Никто не ответил. Полковник взял чашку, и кофе пошёл рябью, хотя рука его не дрожала. Амаранта вдруг подняла глаза на полковника — впервые за долгое время посмотрела прямо, без вековой обиды, — и спросила тихо, но отчётливо:

— Ты помнишь вкус фиалок, что росли у реки? Тех, что я собирала в венки, когда мы ещё умели говорить друг с другом?

Полковник помнил. Эти фиалки пахли так сладко, что от них першило в горле, и он каждый раз давился этим запахом, потому что именно с ним было связано ощущение невысказанного. Он помнил, как Амаранта, шестнадцатилетняя, плела ему венок, а он не решился поцеловать её, потому что война уже тогда стояла у него за плечом, шепча на ухо номера полков и названия мест, где ему суждено потерять себя. И ещё он помнил, что спустя много лет, когда он вернулся, она встретила его на пороге с венком из фиалок, внутри которого копошились живые пчёлы. Он тогда понял: она всё ещё любит его той любовью, которая не прощает. Но вслух сказал только:

— Помню. Этот вкус у меня до сих пор на губах, как ожог.

Амаранта отвернулась и снова склонилась над вышивкой.

И тут дверь в конце коридора, та самая, что вела в комнату Ремедиос, медленно отворилась. Ничья рука её не касалась. Из проёма хлынул свет — не яркий, но плотный, цвета топлёного молока, в котором кружились частицы, похожие на крылышки моли. Запах печёного хлеба сгустился до такой степени, что у Пилар выпал из рук поднос, а у Аркадио погасла сигара. Ремедиос Прекрасная вышла в коридор босая, в простом белом платье. Волосы её, никогда не знавшие ножниц, струились до пола, и в них запутались две живые бабочки — медная и перламутровая. Лицо выражало полный покой.

— Я закончила, — сказала она голосом, похожим на шум ветра в листве каштана. — Теперь оно ваше. Берегите его.

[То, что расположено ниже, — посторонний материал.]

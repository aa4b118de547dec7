-- ===== src/StaticMemory.antt =====
-- src/general/static_memory.h: a memory with a fixed latency for each kind of access. It stands for
-- the RMW buffer's SRAM and, as src/general/nv_media.h, for the 3D-XPoint media below the AIT.
use vans.Base.{
  ℕ, ◌+◌, ◌<◌, ◌≡◌, ◌≢◌, refl, true, false, arith, ◌==◌, if◌then◌else◌, Result, ok, err,
  invalid_arrive, Returns, returns,
}
use vans.Base.Bits.{add64}
use vans.Common.{BaseRequest, BaseRequestType, read, write, BaseResponse, clk_invalid}

pub record StaticMedia : Type 0 where
  pub read_latency : ℕ
  pub write_latency : ℕ

abbrev pub latency : StaticMedia → BaseRequestType → ℕ
latency m read = m.read_latency
latency m write = m.write_latency

unfoldable pub issue_request : StaticMedia → BaseRequest → Result BaseResponse
issue_request m request =
    if request.arrive == clk_invalid
    then err invalid_arrive
    else ok (record {
      issued = true;
      deterministic = true;
      next_clk = add64 request.arrive (latency m request.type);
    })

latency-fits :
    (m : StaticMedia) (a : ℕ) (t : BaseRequestType)
    → a + m.read_latency < clk_invalid
    → a + m.write_latency < clk_invalid
    → a + latency m t < clk_invalid
latency-fits m a read h k = h
latency-fits m a write h k = k

-- A request that arrives so early that its arrival and either latency add up to a valid clock is always
-- issued, deterministically, and ends one latency of its kind after its arrival, at a valid clock.
pub issue_request-deterministic :
    (m : StaticMedia) (request : BaseRequest)
    → request.arrive + m.read_latency < clk_invalid
    → request.arrive + m.write_latency < clk_invalid
    → Returns
        (λ r.
          (r.issued ≡ true)
          × (r.deterministic ≡ true)
          × (r.next_clk ≡ request.arrive + latency m request.type)
          × (r.next_clk ≢ clk_invalid))
        (issue_request m request)
unfolding issue_request
issue_request-deterministic m request h k =
    let fits = latency-fits m request.arrive request.type h k in
    let valid : (request.arrive == clk_invalid) ≡ false = ground arith in
    rw valid (returns (refl, refl, omega arith, omega arith))
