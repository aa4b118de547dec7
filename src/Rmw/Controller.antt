-- ===== src/Rmw/Controller.antt =====
-- src/general/rmw.h, class `rmw_controller`: its state, and the requests that its state transfers
-- issue (src/general/rmw.cpp:54-96). `Core` holds the members that a state transfer works on beside
-- its buffer entry.
use vans.Base.{
  ℕ, ◌^◌, ◌-◌, Bool, false, List, [], ◌∷◌, ◌++◌, Option, none, ◌==◌, if◌then◌else◌, get_or, set,
  Result, ok, err, ◌>>=◌, empty_front, no_read_callback, roq_full as full_roq,
}
use vans.Base.Bits.{add64, mul64}
use vans.Common.{
  BaseRequest, base_request, BaseRequestType, read, BaseResponse, Call, Callback, clk_invalid,
  cpu_cl_size,
}
use vans.Common.Address.Rmw.{translate_to_block_addr}
use vans.Mapping.{ComponentMapping, apply_mapping}
use vans.RequestQueue
use vans.RequestQueue.{RequestQueue}
use vans.Buffer.{Buffer}
use vans.Counter.{increment, add_duration}
use vans.StaticMemory
use vans.StaticMemory.{StaticMedia}
use vans.NextLevel.{NextLevel}
use vans.Rmw.Entry.{BufferEntry}

pub record Timing : Type 0 where
  pub readout_latency : ℕ
  pub modify_latency : ℕ
  pub ait_to_rmw_latency : ℕ
  pub rmw_to_ait_latency : ℕ
  pub wpq_ff_latency : ℕ

-- The names of `cnt_events` and of `cnt_duration`.
pub data Event : Type 0 where
  read_access write_access eviction write_rmw write_comb write_patch flush_back : Event
  read_patch read_fast_forward read_cold patch_rmw patch_rmw_comb next_level_full : Event
  roq_full next_level_issue_fail local_memory_issue_fail : Event

pub data Duration : Type 0 where
  w_rmw_par w_rmw_pr w_rmw_paw w_rmw_pm w_rmw_pw : Duration
  w_comb_paw w_comb_pm w_comb_pw w_patch_paw w_patch_pm w_patch_pw : Duration
  w_flush_paw w_flush_pw r_cold_par r_cold_pr r_cold_pro r_ff_pro : Duration

pub Event-discrete : Discrete Event
Event-discrete = hlevel

pub Duration-discrete : Discrete Duration
Duration-discrete = hlevel

pub record Core (N : Type 0) : Type 0 where
  pub timing : Timing
  pub mapping_func : ComponentMapping
  pub local_memory_model : StaticMedia
  pub next_level_components : N
  pub roq : RequestQueue BaseRequest
  pub start_addr : ℕ
  pub evicting : Bool
  pub cnt_events : Event → ℕ
  pub cnt_duration : Duration → ℕ
  -- the callbacks called so far, the last one first
  pub calls : List Call

pub record RmwController (N : Type 0) : Type 0 where
  pub core : Core N
  pub open core use *
  pub buffer : Buffer BufferEntry
  pub lsq : RequestQueue BaseRequest

-- `deterministic ? next_clk : clk_invalid`
abbrev pub next_action : BaseResponse → ℕ
next_action r = if r.deterministic then r.next_clk else clk_invalid

module _ {N : Type 0} where
  unfoldable pub count : Event → Core N → Core N
  count name c = record c { cnt_events = increment Event-discrete name c.cnt_events }

  unfoldable pub count_duration : Duration → ℕ → BufferEntry → Core N → Core N
  count_duration name curr_clk entry c = record c {
    cnt_duration = add_duration Duration-discrete name curr_clk entry.last_used_clk c.cnt_duration;
  }

  unfoldable pub issue_local_memory :
      BaseRequestType → BufferEntry → ℕ → Core N → Result (BaseResponse × Core N)
  issue_local_memory type entry curr_clk c =
      let req = base_request type entry.pending_request.logic_addr curr_clk none in
      StaticMemory.issue_request c.local_memory_model req >>= λ r. ok (r, c)

  -- `issue_roq`: the oldest pending read goes to the read-out queue, to depart at the clock of the
  -- entry's last action.
  unfoldable pub issue_roq : BufferEntry → Core N → Result (BufferEntry × Core N)
  issue_roq entry c = elim entry.pending_request_cl_index [
    | [] ↦ err empty_front
    | cl_index ∷ rest ↦
        if cl_index == 2 ^ 32 - 1
        then err no_read_callback
        else (RequestQueue.full c.roq >>= λ is_full.
            if is_full
            then err full_roq
            else let addr =
                add64 (translate_to_block_addr entry.pending_request.logic_addr)
                  (mul64 cl_index cpu_cl_size) in
              let callback = get_or entry.callbacks cl_index none in
              let req = base_request read addr entry.pending_request.arrive callback in
              ok (
                record entry {
                  pending_request_cl_index = rest;
                  cb_bitmap = set entry.cb_bitmap cl_index false;
                },
                record c {
                  roq = record (c.roq) {
                    queue = c.roq.queue ++ record req { depart = entry.next_action_clk } ∷ [];
                  };
                },
              ))
  ]

  module _ (next : NextLevel N) where
    unfoldable pub get_next_level : ℕ → Core N → ℕ × ℕ
    get_next_level addr c = apply_mapping c.mapping_func addr next.count

    -- `issue_read_next_level` and `issue_write_next_level`: a read brings its callback, a write none.
    unfoldable pub issue_next_level :
        BaseRequestType
        → Option Callback
        → ℕ
        → BufferEntry
        → ℕ
        → Core N
        → Result (BaseResponse × Core N)
    unfolding get_next_level
    issue_next_level type callback block_addr entry curr_clk c =
        let rmw_addr = translate_to_block_addr entry.pending_request.logic_addr in
        let req = base_request type rmw_addr curr_clk callback in
        next.issue_request (get_next_level block_addr c).1 req c.next_level_components >>= λ p.
        ok (p.0, record c { next_level_components = p.1 })
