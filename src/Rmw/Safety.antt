-- ===== src/Rmw/Safety.antt =====
-- src/general/rmw.h: the invariant of an entry of the RMW buffer and of what stands beside it.
pub mod Issue
pub mod WriteTransfer
pub mod ReadTransfer
pub mod Transfer
pub mod Evict
pub mod Lsq
pub mod LsqRead
pub mod LsqWrite
pub mod Tick
use vans.Base.{
  ℕ, ◌+◌, ◌<◌, ◌≤◌, ◌≡◌, ◌≢◌, Bool, true, false, not, ◌&&◌, List, replicate, length, All,
}
use vans.Common.{clk_invalid}
use vans.Common.Address.Rmw.{translate_to_block_addr, block_size_cl}
use vans.RequestQueue.{IsBounded}
use vans.NextLevel.{NextLevel, Contract}
use vans.Rmw.Entry.{
  BufferEntry, RequestType, write_rmw, write_comb, write_patch, read_cold, read_ff, flush_back,
  RequestState, init, pending_read, pending_modify, pending_write, pending_readout, pending_ait_r,
  pending_ait_w, end, is_read, is_init, is_end,
}
use vans.Rmw.Controller.{Core}

-- The states that a request of each type goes through.
abbrev pub goes_through : RequestType → RequestState → Bool
goes_through _ init = true
goes_through _ end = true
goes_through write_rmw pending_readout = false
goes_through write_rmw _ = true
goes_through write_comb pending_ait_w = true
goes_through write_comb pending_modify = true
goes_through write_comb pending_write = true
goes_through write_patch pending_ait_w = true
goes_through write_patch pending_modify = true
goes_through write_patch pending_write = true
goes_through flush_back pending_ait_w = true
goes_through flush_back pending_write = true
goes_through read_cold pending_ait_r = true
goes_through read_cold pending_read = true
goes_through read_cold pending_readout = true
goes_through read_ff pending_readout = true
goes_through _ _ = false

abbrev pub is_reading : BufferEntry → Bool
is_reading e = e.pending && is_read e.pending_request.type

-- The entry's clock of its next action counts: it is past `init`, pending, and not waiting.
abbrev pub is_timed : BufferEntry → Bool
is_timed e = not (is_init e.state) && (e.pending && not e.waiting_action_clk_update)

-- A well-formed entry under the key of its block.
pub record EntryOk (key : ℕ) (e : BufferEntry) : Type 0 where
  pub key_aligned : translate_to_block_addr key ≡ key
  pub in_block : translate_to_block_addr e.pending_request.logic_addr ≡ key
  pub legal : goes_through e.pending_request.type e.state ≡ true
  pub settled : is_end e.state ≡ true → e.pending ≡ false
  pub started : (is_init e.state && is_read e.pending_request.type) ≡ true → e.pending ≡ true
  pub timed : is_timed e ≡ true → e.next_action_clk ≢ clk_invalid
  pub reading : is_reading e ≡ true → 0 < length e.pending_request_cl_index
  pub idle : is_reading e ≡ false → length e.pending_request_cl_index ≡ 0
  pub few : length e.pending_request_cl_index ≤ block_size_cl
  pub lines : All (λ i. i < block_size_cl) e.pending_request_cl_index
  pub callbacks_size : length e.callbacks ≡ block_size_cl
  pub cb_clear : e.cb_bitmap ≡ replicate block_size_cl false
  pub cl_size : length e.cl_bitmap ≡ block_size_cl

abbrev pub AllOk : List (ℕ × BufferEntry) → Type 0
AllOk m = All (λ p. EntryOk p.0 p.1) m

-- The members beside the buffer: the queue is within its bound, the component below is in a good
-- state, and no sum of a clock up to `horizon` and a latency is `clk_invalid` or wraps.
module _ {N : Type 0} {next : NextLevel N} {horizon : ℕ} (contract : Contract next horizon) where
  pub record CoreOk (c : Core N) : Type 0 where
    pub good : contract.Good c.next_level_components
    pub roq_bounded : IsBounded c.roq
    pub next_fits : horizon + 1 < clk_invalid
    pub ait_to_rmw_fits : horizon + c.timing.ait_to_rmw_latency < clk_invalid
    pub rmw_to_ait_fits : horizon + c.timing.rmw_to_ait_latency < clk_invalid
    pub read_fits : horizon + c.local_memory_model.read_latency < clk_invalid
    pub write_fits : horizon + c.local_memory_model.write_latency < clk_invalid

  abbrev pub Kept : ℕ → BufferEntry × Core N → Type 0
  Kept key p = EntryOk key p.0 × CoreOk p.1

Она протянула руки, и все увидели покрывало — невесомое, сотканное будто из воздуха и воспоминаний, переливающееся цветами без названий. Оно мерцало, точно внутри горели сотни крошечных свечей. Аурелиано-учёный шагнул вперёд, но полковник удержал его:

— Не сейчас. Ещё не время.

Ремедиос улыбнулась и пошла по коридору. Там, где ступали её босые ноги, половицы покрывались тонким слоем инея, хотя духота тропического утра никуда не делась. Она миновала гостиную, где ещё держался запах грибов, выросших в эпоху нескончаемых дождей; миновала мастерскую, где прапрадед вырезал сердце из рубина; миновала кухню, где на столе лежала кукуруза, готовая закричать, если её порезать. И вышла во двор.

Вся семья потянулась за ней, словно на невидимых нитях. Даже Хосе Аркадио у каштана поднял голову и перестал мять глину. Солнце всходило, но лучи его отливали серебром, как в затмение. Ремедиос остановилась посреди двора, подняла голову и вздохнула. В тот же миг всё замерло: цикады умолкли, собаки в деревне перестали лаять, ветер затаил дыхание. Покрывало, которое она так и не отдала, вспорхнуло с её ладони, развернулось и повисло над ней, словно балдахин. Оно росло, ширилось, пока не укрыло весь двор, и тогда Ремедиос, раскинув руки, стала подниматься.

Это не было падением вверх. Это было медленное скольжение сквозь воздух, ставший вдруг жидким, и в нём проступали контуры иных миров. Урсула, застыв на пороге, увидела, как пятки девочки отрываются от земли, и почувствовала, как рвётся в груди шнур, соединявший её с будущим рода.

— Ремедиос! — крикнула Амаранта, повысив голос впервые за многие годы. — Возьми меня с собой!

Но девочка лишь покачала головой и произнесла слова, которые потом повторяли в доме десятилетиями:

— Ты ещё не дошила свой саван. А я уже дошила.